I tend to be a pretty even-keeled person. I also tend to be pretty even when I get frustrated.
But, I do lose my cool from time-to-time.
I’ve taught myself that the best way to handle a frustrating situation is to take a step back and choose to avoid reacting in the moment. Usually, I realize that one of the reasons I get frustrated is because I don’t understand the full implications of a given situation, or I haven’t looked as closely through the lens of others as I should have. In other words, often my frustrations are due to me, rather than due to others.
When we look at frustration through the lens of what can we do more effectively the next time, rather than what others should have done this time, we can truly grow our level of patience and develop our ability to respond positively to frustrating situations, rather than become unraveled.

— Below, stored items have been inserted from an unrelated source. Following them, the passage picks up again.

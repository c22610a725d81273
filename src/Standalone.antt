-- ===== src/Standalone.antt =====
-- cmd/runclaude-proxy/main.go: the proxy without the sandbox. It has the allowlist, the injection and
-- the handlers of package proxy; what AWS's configuration gives is a parameter.
pub mod Intercepted
use runclaude.Prelude.{
  Bool, true, false, not, ◌&&◌, ◌||◌, List, [], ◌∷◌, ◌++◌, Option, none, some, if◌then◌else◌,
}
use runclaude.Text.{Bytes, codes, cut_byte, is_empty}
use runclaude.Dict.{Dict, insert}
use runclaude.Creds.Load.{AnthropicCredentials, Parsed, load_anthropic_credentials}
use runclaude.Proxy.Match.{match_domain, default_allowed_domains}
use runclaude.Proxy.Header.{Header}
use runclaude.Inject.{Secrets, inject}
use runclaude.Launch.Auth.{no_credentials}
use runclaude.Launch.Domains.{
  Domains, add_domain, api_host, bedrock_pattern, with_api, with_upstreams,
}

abbrev pub split_spec : Bytes × Option Bytes → Option (Bytes × Bytes)
split_spec (host, none) = none
split_spec (host, some url) = if is_empty host then none else some (host, url)

abbrev pub add_spec : Option (Bytes × Bytes) → Dict Bytes → Option (Dict Bytes)
add_spec none out = none
add_spec (some (host, url)) out = some (insert host url out)

-- `parseMitmUpstream(specs)`, from the map so far; `none` is the error
unfoldable pub parse_specs : List Bytes → Dict Bytes → Option (Dict Bytes)
parse_specs [] out = some out
parse_specs (s ∷ specs) out = elim (add_spec (split_spec (cut_byte b'=' s)) out) [
  | none ↦ none
  | some next ↦ parse_specs specs next
]

-- the pattern of Bedrock's hosts
unfoldable pub with_bedrock_host : Bool → Domains → Domains
with_bedrock_host false d = d
with_bedrock_host true d = record {
  allowed =
      if not (match_domain (codes "bedrock-runtime.us-east-1.amazonaws.com") d.allowed)
      then d.allowed ++ bedrock_pattern ∷ []
      else d.allowed;
  mitm = d.mitm ++ bedrock_pattern ∷ [];
}

-- the lists of domains, where at least one of --anthropic and --bedrock is set; `hosts` are those of
-- --mitm-upstream
unfoldable pub proxy_domains : Bool → Bool → Bool → List Bytes → List Bytes → Option Domains
proxy_domains anthropic bedrock defaults allow hosts =
    if not anthropic && not bedrock
    then none
    else some (
        with_upstreams hosts (
          with_bedrock_host bedrock (
            with_api anthropic (record {
              allowed = (if defaults then default_allowed_domains else []) ++ allow;
              mitm = [];
            }))))

-- what `loadCreds` returns: the Anthropic credentials, and whether there are AWS credentials; `none`
-- is an error
abbrev pub loaded_aws : Bool → Bool → AnthropicCredentials → Option (AnthropicCredentials × Bool)
loaded_aws want retrieves a = if want && not retrieves then none else some (a, want)

abbrev pub loaded_creds :
    Bool → Bool → Option AnthropicCredentials → Option (AnthropicCredentials × Bool)
loaded_creds want retrieves none = none
loaded_creds want retrieves (some a) = loaded_aws want retrieves a

module _ (read_file : Bytes → Option Bytes) (decode : Bytes → Option Parsed) where
  -- `loadCreds(wantAnthropic, wantBedrock, home)`; `retrieves` tells whether AWS credentials are got
  unfoldable pub load_creds :
      Bool → Bool → Bool → Bytes → Bytes → Option (AnthropicCredentials × Bool)
  load_creds want_anthropic want_bedrock retrieves home env_key =
      if want_anthropic
      then loaded_creds want_bedrock retrieves
          (load_anthropic_credentials read_file decode home env_key)
      else loaded_aws want_bedrock retrieves no_credentials

-- `setup.Inject`, the closure of main.go again
unfoldable pub inject_standalone : Secrets → (Header → Header) → Bytes → Header → Header
inject_standalone = inject
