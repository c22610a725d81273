-- ===== src/Standalone/Intercepted.antt =====
-- cmd/runclaude-proxy/main.go: which hosts the proxy injects credentials for, and which it lets pass.
use runclaude.Prelude.{
  ◌≡◌, ap, ◌∙◌, Bool, true, false, ◌&&◌, ◌||◌, List, [], ◌∷◌, ◌++◌, some, arith, All, if◌then◌else◌,
}
use runclaude.Text.{Bytes}
use runclaude.Proxy.Match.{match_domain, default_allowed_domains}
use runclaude.Proxy.Match.Domain.{match_domain-append}
use runclaude.Launch.Domains.{Domains, api_host, bedrock_pattern, with_api, with_upstreams}
use runclaude.Launch.Domains.Exact.{
  Plain, same_host, any_host, with_upstreams-match, with_api-match, match_none,
}
use runclaude.Standalone.{with_bedrock_host, proxy_domains}

with_bedrock_host-mitm :
    (host : Bytes) (bedrock : Bool) (d : Domains)
    → match_domain host (with_bedrock_host bedrock d).mitm
      ≡ (match_domain host d.mitm || (bedrock && match_domain host (bedrock_pattern ∷ [])))
unfolding with_bedrock_host
with_bedrock_host-mitm host false d = ground arith
with_bedrock_host-mitm host true d = match_domain-append host d.mitm (bedrock_pattern ∷ [])

with_bedrock_host-keeps :
    (host : Bytes) (bedrock : Bool) (d : Domains)
    → match_domain host d.allowed ≡ true
    → match_domain host (with_bedrock_host bedrock d).allowed ≡ true
unfolding with_bedrock_host
with_bedrock_host-keeps host false d h = h
with_bedrock_host-keeps host true d h =
    ground (arith, h, match_domain-append host d.allowed (bedrock_pattern ∷ []))

-- Where the hosts of --mitm-upstream hold no star, the stand-alone proxy ends TLS for exactly
-- these hosts: those of --mitm-upstream, api.anthropic.com with --anthropic and those of Bedrock's
-- pattern with --bedrock, each in any case.
pub proxy_domains-mitm :
    (anthropic bedrock defaults : Bool) (allow hosts : List Bytes) (host : Bytes) {d : Domains}
    → All Plain hosts
    → proxy_domains anthropic bedrock defaults allow hosts ≡ some d
    → match_domain host d.mitm ≡ (
        (anthropic && same_host host api_host)
        || (bedrock && match_domain host (bedrock_pattern ∷ []))
        || any_host host hosts)
unfolding proxy_domains
proxy_domains-mitm anthropic bedrock defaults allow hosts host {d} plain h =
    let start : Domains = record {
      allowed = (if defaults then default_allowed_domains else []) ++ allow;
      mitm = [];
    } in
    let api = with_api anthropic start in
    let e : with_upstreams hosts (with_bedrock_host bedrock api) ≡ d = ground (arith, h) in
    rw (← e) (
      (with_upstreams-match host hosts (with_bedrock_host bedrock api) plain).1
      ∙ ap (λ t. t || any_host host hosts)
          (with_bedrock_host-mitm host bedrock api
            ∙ ap (λ t. t || (bedrock && match_domain host (bedrock_pattern ∷ [])))
                ((with_api-match host anthropic start).1
                  ∙ ap (λ t. t || (anthropic && same_host host api_host)) (match_none host))))
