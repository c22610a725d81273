-- ===== src/Tests.antt =====
-- The sandbox's set-up at concrete inputs.
mod Gitconfigs
mod Projects
use runclaude.Prelude.{
  ◌≡◌, refl, ◌↔◌, true, false, ◌||◌, List, [], ◌∷◌, none, some, if◌then◌else◌, arith, length, All,
}
use runclaude.Dict.{insert, delete, has_key, Dict, lookup, or_lookup}
use runclaude.Json.{as_map, Json, str, null, object}
use runclaude.Text.{
  Bytes, codes, bytes_eq, member, split, trim_space, trim_left, trim_right, has_byte,
}
use runclaude.Binds.{Bind, dedup_binds}
use runclaude.Binds.Last.{first_at, last_at, first_at-dedup_binds}
use runclaude.Claudemerge.{merge_settings}
use runclaude.Claudemerge.Layers.{merge_settings-Scrubbed, lookup-merge_settings}
use runclaude.Claudesettings.{strip_keys, strip_env, sanitize_settings, settings_has_aws}
use runclaude.Claudesettings.Scrub.{sanitize_settings-Scrubbed, Scrubbed, sanitize_settings-has_aws}
use runclaude.Containment.{prots_of, containment_leak, live_entry}
use runclaude.Containment.Sound.{Harmless, containment_leak_iff}
use runclaude.Environ.{aws_env_skip, scrub_aws_creds}
use runclaude.Environ.Scrubbed.{entries_of, entries_of-scrub_aws_creds}
use runclaude.Inject.{Secrets, inject_anthropic}
use runclaude.Inject.Single.{token_of, authorization, api_key_header, lookup-inject_anthropic}
use runclaude.Mountinfo.{pos, MountEntry, unescape_octal, trim_slashes, path_contains}
use runclaude.Mountinfo.Escape.{escape, unescape_octal-escape}
use runclaude.Mountinfo.Paths.{Below, path_contains_iff}
use runclaude.Proxy.Header.{Header}
use runclaude.Session.{
  SessionInfo, DirEntry, live_sessions, approvable, run_approve, failed_posts, failed_at,
}
use runclaude.Session.Live.{IsLive, live_sessions-IsLive, run_approve-approved}
use runclaude.Vcs.{any_line, exclude_copy}
use runclaude.Vcs.Exclude.{exclude_copy-any_line}

abbrev secrets : Secrets
secrets = record { api_key = codes "key"; bearer_token = []; tokens = none; has_aws = false }

abbrev client_header : Header
client_header = (codes "Authorization", codes "Bearer stolen" ∷ []) ∷ []

lookup-inject_anthropic_example :
    (lookup (codes "Authorization") (inject_anthropic secrets client_header)
      ≡ authorization (token_of secrets))
    × (lookup (codes "X-Api-Key") (inject_anthropic secrets client_header)
        ≡ api_key_header (codes "key") (token_of secrets))
lookup-inject_anthropic_example = lookup-inject_anthropic secrets client_header

abbrev settings : Dict Json
settings =
    (
      codes "env",
      object ((codes "AWS_PROFILE", str (codes "work")) ∷ (codes "HOME", str (codes "/h")) ∷ []),
    )
    ∷ (codes "model", str (codes "opus"))
    ∷ []

merge_settings-Scrubbed_example : Scrubbed (merge_settings settings settings)
merge_settings-Scrubbed_example = merge_settings-Scrubbed settings settings

abbrev short_key : Bytes
short_key = 7 ∷ []

abbrev user_settings : Dict Json
user_settings = (short_key, null) ∷ []

abbrev entry : MountEntry
entry = record {
  mount_id = pos 1;
  parent_id = pos 0;
  dev = codes "0:1";
  root_in_fs = codes "/home";
  mount_point = codes "/home";
}

abbrev alias_entry : MountEntry
alias_entry = record entry {
  mount_id = pos 2;
  root_in_fs = codes "/";
  mount_point = codes "/r/mnt";
}

containment_leak_iff_example :
    (containment_leak (entry ∷ alias_entry ∷ []) (codes "/r") (codes "/home" ∷ []) ≡ none)
    ↔ All (Harmless (codes "/r") (entry ∷ [])) (entry ∷ alias_entry ∷ [])
unfolding prots_of live_entry bytes_eq
containment_leak_iff_example =
    containment_leak_iff (entry ∷ alias_entry ∷ []) (codes "/r") (codes "/home" ∷ []) (entry ∷ [])
      refl

abbrev plain_bind : Bind
plain_bind = record { path = codes "/a"; target = []; read_only = false; tmpfs = false }

abbrev environ : List Bytes
environ = codes "AWS_REGION=x" ∷ codes "HOME=/h" ∷ []

abbrev pattern_of : Bytes
pattern_of = codes ".claude"

abbrev session : SessionInfo
session = record {
  pid = 5;
  tty = [];
  term = [];
  tmux_pane = [];
  title = [];
  command = [];
  approve_url = codes "http://h";
}

abbrev session_file : DirEntry
session_file = record { name = codes "5.json"; is_dir = false; contents = some [] }

abbrev scrubbed_settings : Dict Json
scrubbed_settings =
    (codes "env", object ((codes "HOME", str (codes "/h")) ∷ []))
    ∷ (codes "model", str (codes "opus"))
    ∷ []

sanitize_settings_run : sanitize_settings settings ≡ some scrubbed_settings
unfolding sanitize_settings strip_env strip_keys as_map lookup insert delete has_key bytes_eq
sanitize_settings_run = refl
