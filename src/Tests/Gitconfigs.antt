-- ===== src/Tests/Gitconfigs.antt =====
-- The git configuration at concrete sections, with small stand-ins for go-git and package `net/url`.
use runclaude.Prelude.{
  ◌≡◌, Bool, false, List, [], ◌∷◌, some, All, if◌then◌else◌, ◌==◌, Bool-cases, inl, inr,
}
use runclaude.Text.{Bytes, codes, bytes_eq, to_lower, has_byte}
use runclaude.Gitconfig.{GitOption, Section, clean_sections}
use runclaude.Gitconfig.Secrets.{SectionSafe, clean_sections-SectionSafe}

-- a text with a user is one with an at sign, and loses what stands up to the last of them
abbrev behind_at : Bytes → Bytes
behind_at [] = []
behind_at (x ∷ s) =
    let rest = behind_at s in if has_byte 64 s then rest else if x == 64 then s else x ∷ s

abbrev same_key : Bytes → Bytes → Bool
same_key a b = bytes_eq (to_lower a) (to_lower b)

abbrev without : Bytes → List GitOption → List GitOption
without k [] = []
without k (o ∷ os) = let rest = without k os in if same_key o.key k then rest else o ∷ rest

without_removes :
    (k : Bytes) (opts : List GitOption) → All (λ o. same_key o.key k ≡ false) (without k opts)
without_removes k [] = tt
without_removes k (o ∷ os) = elim (Bool-cases (same_key o.key k)) [
  | inl e ↦ rw e (without_removes k os)
  | inr e ↦ rw e (e, without_removes k os)
]

without_keeps :
    (P : GitOption → Type 0) (k : Bytes) (opts : List GitOption)
    → All P opts
    → All P (without k opts)
without_keeps P k [] a = tt
without_keeps P k (o ∷ os) a = elim (Bool-cases (same_key o.key k)) [
  | inl e ↦ rw e (without_keeps P k os a.1)
  | inr e ↦ rw e (a.0, without_keeps P k os a.1)
]

abbrev git_sections : List Section
git_sections =
    record {
      name = codes "Credential";
      options = record { key = codes "helper"; value = codes "store" } ∷ [];
      subsections = [];
    }
    ∷ record {
      name = codes "http";
      options = record { key = codes "extraheader"; value = codes "token" } ∷ [];
      subsections = [];
    }
    ∷ record {
      name = codes "url";
      options = [];
      subsections =
          record {
            name = codes "https://me:pw@host/";
            options = record { key = codes "insteadOf"; value = codes "u@gh:" } ∷ [];
          }
          ∷ [];
    }
    ∷ []

clean_sections-SectionSafe_example :
    All
      (SectionSafe Bytes some (has_byte 64) behind_at (λ u. u) same_key without)
      (clean_sections Bytes some (has_byte 64) behind_at (λ u. u) same_key without git_sections)
clean_sections-SectionSafe_example =
    clean_sections-SectionSafe Bytes some (has_byte 64) behind_at (λ u. u) same_key without
      without_removes without_keeps git_sections
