-- ===== src/Trust.antt =====
-- trust.go: the mark in ~/.claude.json by which claude trusts a directory. The codec is a parameter; a
-- file is what reading it gives, and a file that holds `null` decodes to the nil map.
pub mod Marked
use runclaude.Prelude.{
  Bool, true, false, not, ◌&&◌, List, [], ◌∷◌, Option, none, some, if◌then◌else◌,
}
use runclaude.Claudemerge.{File, absent, unreadable, contents, Read, failed, nil, map_of, or_new}
use runclaude.Dict.{Dict, lookup, insert}
use runclaude.Json.{Json, bool, object, as_map}
use runclaude.Text.{Bytes, codes}

-- `v == true`
unfoldable pub is_true : Option Json → Bool
is_true (some (bool b)) = b
is_true _ = false

-- `m[k].(map[string]any)`, or an empty map
abbrev pub map_at : Bytes → Dict Json → Dict Json
map_at k m = or_new (as_map (lookup k m))

abbrev pub accepted_key : Bytes
accepted_key = codes "hasTrustDialogAccepted"

abbrev pub onboarded_key : Bytes
onboarded_key = codes "hasCompletedProjectOnboarding"

-- the test for a project that is trusted already
unfoldable pub is_trusted : Dict Json → Bool
is_trusted proj = is_true (lookup accepted_key proj) && is_true (lookup onboarded_key proj)

unfoldable pub trust_project : Dict Json → Dict Json
trust_project proj = insert onboarded_key (bool true) (insert accepted_key (bool true) proj)

-- the map that is written, or `none` where the file stays
unfoldable pub trust_root : Bytes → Dict Json → Option (Dict Json)
trust_root cwd root =
    let projects = map_at (codes "projects") root in
    let proj = map_at cwd projects in
    if is_trusted proj
    then none
    else some (
        insert (codes "projects") (object (insert cwd (object (trust_project proj)) projects)) root)

-- how `ensureProjectTrusted` ends: nil with the file as it was, an error, a panic (the assignment into
-- the nil map), or nil with the file replaced
pub data Outcome : Type 0 where
  unchanged error panic : Outcome
  replaced : Bytes → Outcome

module _ (decode : Bytes → Read) (encode : Dict Json → Bytes) (writes : Bool) where
  abbrev pub write_root : Option (Dict Json) → Outcome
  write_root none = unchanged
  write_root (some root) = if writes then replaced (encode root) else error

  abbrev pub trust_decoded : Bytes → Read → Outcome
  trust_decoded cwd failed = error
  trust_decoded cwd nil = panic
  trust_decoded cwd (map_of root) = write_root (trust_root cwd root)

  -- `ensureProjectTrusted(home, cwd)`; `writes` tells whether `os.WriteFile` and `os.Rename` succeed
  unfoldable pub ensure_project_trusted : Bytes → File → Outcome
  ensure_project_trusted cwd absent = unchanged
  ensure_project_trusted cwd unreadable = error
  ensure_project_trusted cwd (contents b) = trust_decoded cwd (decode b)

Another key element to remind ourselves of when it comes to frustration is that everyone gets frustrated differently. What is incredibly easy to handle for some is incredibly challenging for others, and what others find tough may be easy for us to deal with. In other words, frustration is an individual sensation, and since others might not be frustrated in the same ways that we are, it begs the question of whether being frustrated is actually a successful solve to anything.
So, in those moments when I choose to become frustrated, I also choose to let cooler heads prevail, take a few steps back, a few deep breaths, and give myself time to think clearly. If an apology is necessary, I’ll be sure to give it, and then I’ll move on. Because frustration is never something that we should be owned by. Rather, we should be comfortable enough with ourselves to recognize its appearance, and then work to send it on its merry way.